START Dataset records

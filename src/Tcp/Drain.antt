-- ===== src/Tcp/Drain.antt =====
-- skupper-router/clients/drain-server.c: the thread of one connection, the sockets, and the options.
use dispatch_tester.Common.{
  ℕ, zero, suc, ◌+◌, Bool, true, false, ◌||◌, ◌&&◌, if◌then◌else◌, ltb, Option, none, some, List,
  [], ◌∷◌, u64, ℤ, pos, negsuc,
}
use dispatch_tester.Proton.Clock.{Timespec, Reading, time, errno}
use dispatch_tester.Proton.Options.{Letter, opt_p, opt_upper_h, parse}
use dispatch_tester.Tcp.{
  Outcome, finished, failed, blocked, SocketCall, shutdown_wr, close, shut_first, elapsed_msecs,
  Report, report,
}

-- `do … while (received > 0)` over the answers of `recv`: zero is the end of the stream, a negative
-- answer an error. Without an answer the thread waits.
unfoldable pub recv_loop : List ℤ → ℕ → Outcome ℕ
recv_loop [] rx_octets = blocked
recv_loop (pos zero ∷ answers) rx_octets = finished rx_octets
recv_loop (pos (suc n) ∷ answers) rx_octets = recv_loop answers (u64 (rx_octets + suc n))
recv_loop (negsuc n ∷ answers) rx_octets = failed

-- What follows the loop: a report, if the clock can be read.
abbrev after_loop : Timespec → Reading → Outcome ℕ → Outcome Report
after_loop start (time end) (finished n) = finished (report n (elapsed_msecs start end))
after_loop start (errno n) (finished m) = failed
after_loop start end failed = failed
after_loop start end blocked = blocked

-- `thread_context_t`.
pub record Context : Type 0 where
  pub socket : ℕ
  pub half_close : Bool

-- The socket is closed once the loop has ended.
abbrev pub close_after :
    List SocketCall → Timespec → Reading → Outcome ℕ → List SocketCall × Outcome Report
close_after calls start end blocked = (calls, blocked)
close_after calls start end received = (close ∷ calls, after_loop start end received)

-- `run`: whether `setsockopt` fails, the clock, the answers of `recv`. A thread that returns before the
-- loop leaves its socket open.
unfoldable pub run : Context → Bool → Reading → List ℤ → Reading → List SocketCall × Outcome Report
run context true start answers end = ([], failed)
run context false (errno n) answers end = (shut_first context.half_close shutdown_wr, failed)
run context false (time start) answers end =
    close_after (shut_first context.half_close shutdown_wr) start end (recv_loop answers 0)

-- `while (1)` over the answers of `accept`: a thread for each connection, up to the first error. The
-- Boolean says whether there was one; without an answer `main` waits.
unfoldable pub accept_loop : Bool → List ℤ → List Context × Bool
accept_loop half_close [] = ([], false)
accept_loop half_close (pos n ∷ answers) =
    let (threads, ended) = accept_loop half_close answers in
    (record { socket = n; half_close = half_close } ∷ threads, ended)
accept_loop half_close (negsuc n ∷ answers) = ([], true)

-- `main` after the options: the answer of `socket`, whether each of the calls that set it up fails, and
-- the answers of `accept`. The result is the threads, and whether the socket is shut down.
unfoldable pub serve : ℤ → Bool → Bool → Bool → Bool → List ℤ → List Context × Bool
serve (negsuc n) opt_err bind_err listen_err half_close answers = ([], false)
serve (pos sock) opt_err bind_err listen_err half_close answers =
    let (threads, ended) = accept_loop half_close answers in
    if opt_err || bind_err || listen_err then ([], ltb 0 sock) else (threads, ended && ltb 0 sock)

-- The locals of `main`.
pub record Drain : Type 0 where
  pub port : ℕ
  pub half_close : Bool

abbrev set_port : Drain → Option ℕ → Option Drain
set_port s none = none
set_port s (some n) = some (record s { port = n })

module _ (scan_u32 : List ℕ → Option ℕ) where
  -- One option of the command line; `none` is `usage`.
  unfoldable pub option : Letter → List ℕ → Drain → Option Drain
  option opt_p arg s = set_port s (scan_u32 arg)
  option opt_upper_h arg s = some (record s { half_close = true })
  option _ arg s = none

  unfoldable pub options : List (Letter × List ℕ) → Drain → Option Drain
  unfolding option
  options = parse option

  -- `main` with its defaults: `none` is `usage`. The answers of `socket`, of the calls that set it up
  -- and of `accept` are the system's.
  unfoldable pub main :
      List (Letter × List ℕ) → ℤ → Bool → Bool → Bool → List ℤ → Option (List Context × Bool)
  main args sock opt_err bind_err listen_err answers =
      elim (options args (record { port = 9999; half_close = false })) [
        | none ↦ none
        | some s ↦ some (serve sock opt_err bind_err listen_err s.half_close answers)
      ]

END Dataset records

> What this task involves
Reproduce the full listing above, character for character.

> Reply to the task
filename src/Tcp/Drain.antt
-- ===== src/Tcp/Drain.antt =====
-- skupper-router/clients/drain-server.c: the thread of one connection, the sockets, and the options.
use dispatch_tester.Common.{
  ℕ, zero, suc, ◌+◌, Bool, true, false, ◌||◌, ◌&&◌, if◌then◌else◌, ltb, Option, none, some, List,
  [], ◌∷◌, u64, ℤ, pos, negsuc,
}
use dispatch_tester.Proton.Clock.{Timespec, Reading, time, errno}
use dispatch_tester.Proton.Options.{Letter, opt_p, opt_upper_h, parse}
use dispatch_tester.Tcp.{
  Outcome, finished, failed, blocked, SocketCall, shutdown_wr, close, shut_first, elapsed_msecs,
  Report, report,
}

-- `do … while (received > 0)` over the answers of `recv`: zero is the end of the stream, a negative
-- answer an error. Without an answer the thread waits.
unfoldable pub recv_loop : List ℤ → ℕ → Outcome ℕ
recv_loop [] rx_octets = blocked
recv_loop (pos zero ∷ answers) rx_octets = finished rx_octets
recv_loop (pos (suc n) ∷ answers) rx_octets = recv_loop answers (u64 (rx_octets + suc n))
recv_loop (negsuc n ∷ answers) rx_octets = failed

-- What follows the loop: a report, if the clock can be read.
abbrev after_loop : Timespec → Reading → Outcome ℕ → Outcome Report
after_loop start (time end) (finished n) = finished (report n (elapsed_msecs start end))
after_loop start (errno n) (finished m) = failed
after_loop start end failed = failed
after_loop start end blocked = blocked

-- `thread_context_t`.
pub record Context : Type 0 where
  pub socket : ℕ
  pub half_close : Bool

-- The socket is closed once the loop has ended.
abbrev pub close_after :
    List SocketCall → Timespec → Reading → Outcome ℕ → List SocketCall × Outcome Report
close_after calls start end blocked = (calls, blocked)
close_after calls start end received = (close ∷ calls, after_loop start end received)

-- `run`: whether `setsockopt` fails, the clock, the answers of `recv`. A thread that returns before the
-- loop leaves its socket open.
unfoldable pub run : Context → Bool → Reading → List ℤ → Reading → List SocketCall × Outcome Report
run context true start answers end = ([], failed)
run context false (errno n) answers end = (shut_first context.half_close shutdown_wr, failed)
run context false (time start) answers end =
    close_after (shut_first context.half_close shutdown_wr) start end (recv_loop answers 0)

-- `while (1)` over the answers of `accept`: a thread for each connection, up to the first error. The
-- Boolean says whether there was one; without an answer `main` waits.
unfoldable pub accept_loop : Bool → List ℤ → List Context × Bool
accept_loop half_close [] = ([], false)
accept_loop half_close (pos n ∷ answers) =
    let (threads, ended) = accept_loop half_close answers in
    (record { socket = n; half_close = half_close } ∷ threads, ended)
accept_loop half_close (negsuc n ∷ answers) = ([], true)

-- `main` after the options: the answer of `socket`, whether each of the calls that set it up fails, and
-- the answers of `accept`. The result is the threads, and whether the socket is shut down.
unfoldable pub serve : ℤ → Bool → Bool → Bool → Bool → List ℤ → List Context × Bool
serve (negsuc n) opt_err bind_err listen_err half_close answers = ([], false)
serve (pos sock) opt_err bind_err listen_err half_close answers =
    let (threads, ended) = accept_loop half_close answers in
    if opt_err || bind_err || listen_err then ([], ltb 0 sock) else (threads, ended && ltb 0 sock)

-- The locals of `main`.
pub record Drain : Type 0 where
  pub port : ℕ
  pub half_close : Bool

abbrev set_port : Drain → Option ℕ → Option Drain
set_port s none = none
set_port s (some n) = some (record s { port = n })

module _ (scan_u32 : List ℕ → Option ℕ) where
  -- One option of the command line; `none` is `usage`.
  unfoldable pub option : Letter → List ℕ → Drain → Option Drain
  option opt_p arg s = set_port s (scan_u32 arg)
  option opt_upper_h arg s = some (record s { half_close = true })
  option _ arg s = none

  unfoldable pub options : List (Letter × List ℕ) → Drain → Option Drain
  unfolding option
  options = parse option

  -- `main` with its defaults: `none` is `usage`. The answers of `socket`, of the calls that set it up
  -- and of `accept` are the system's.
  unfoldable pub main :
      List (Letter × List ℕ) → ℤ → Bool → Bool → Bool → List ℤ → Option (List Context × Bool)
  main args sock opt_err bind_err listen_err answers =
      elim (options args (record { port = 9999; half_close = false })) [
        | none ↦ none
        | some s ↦ some (serve sock opt_err bind_err listen_err s.half_close answers)
      ]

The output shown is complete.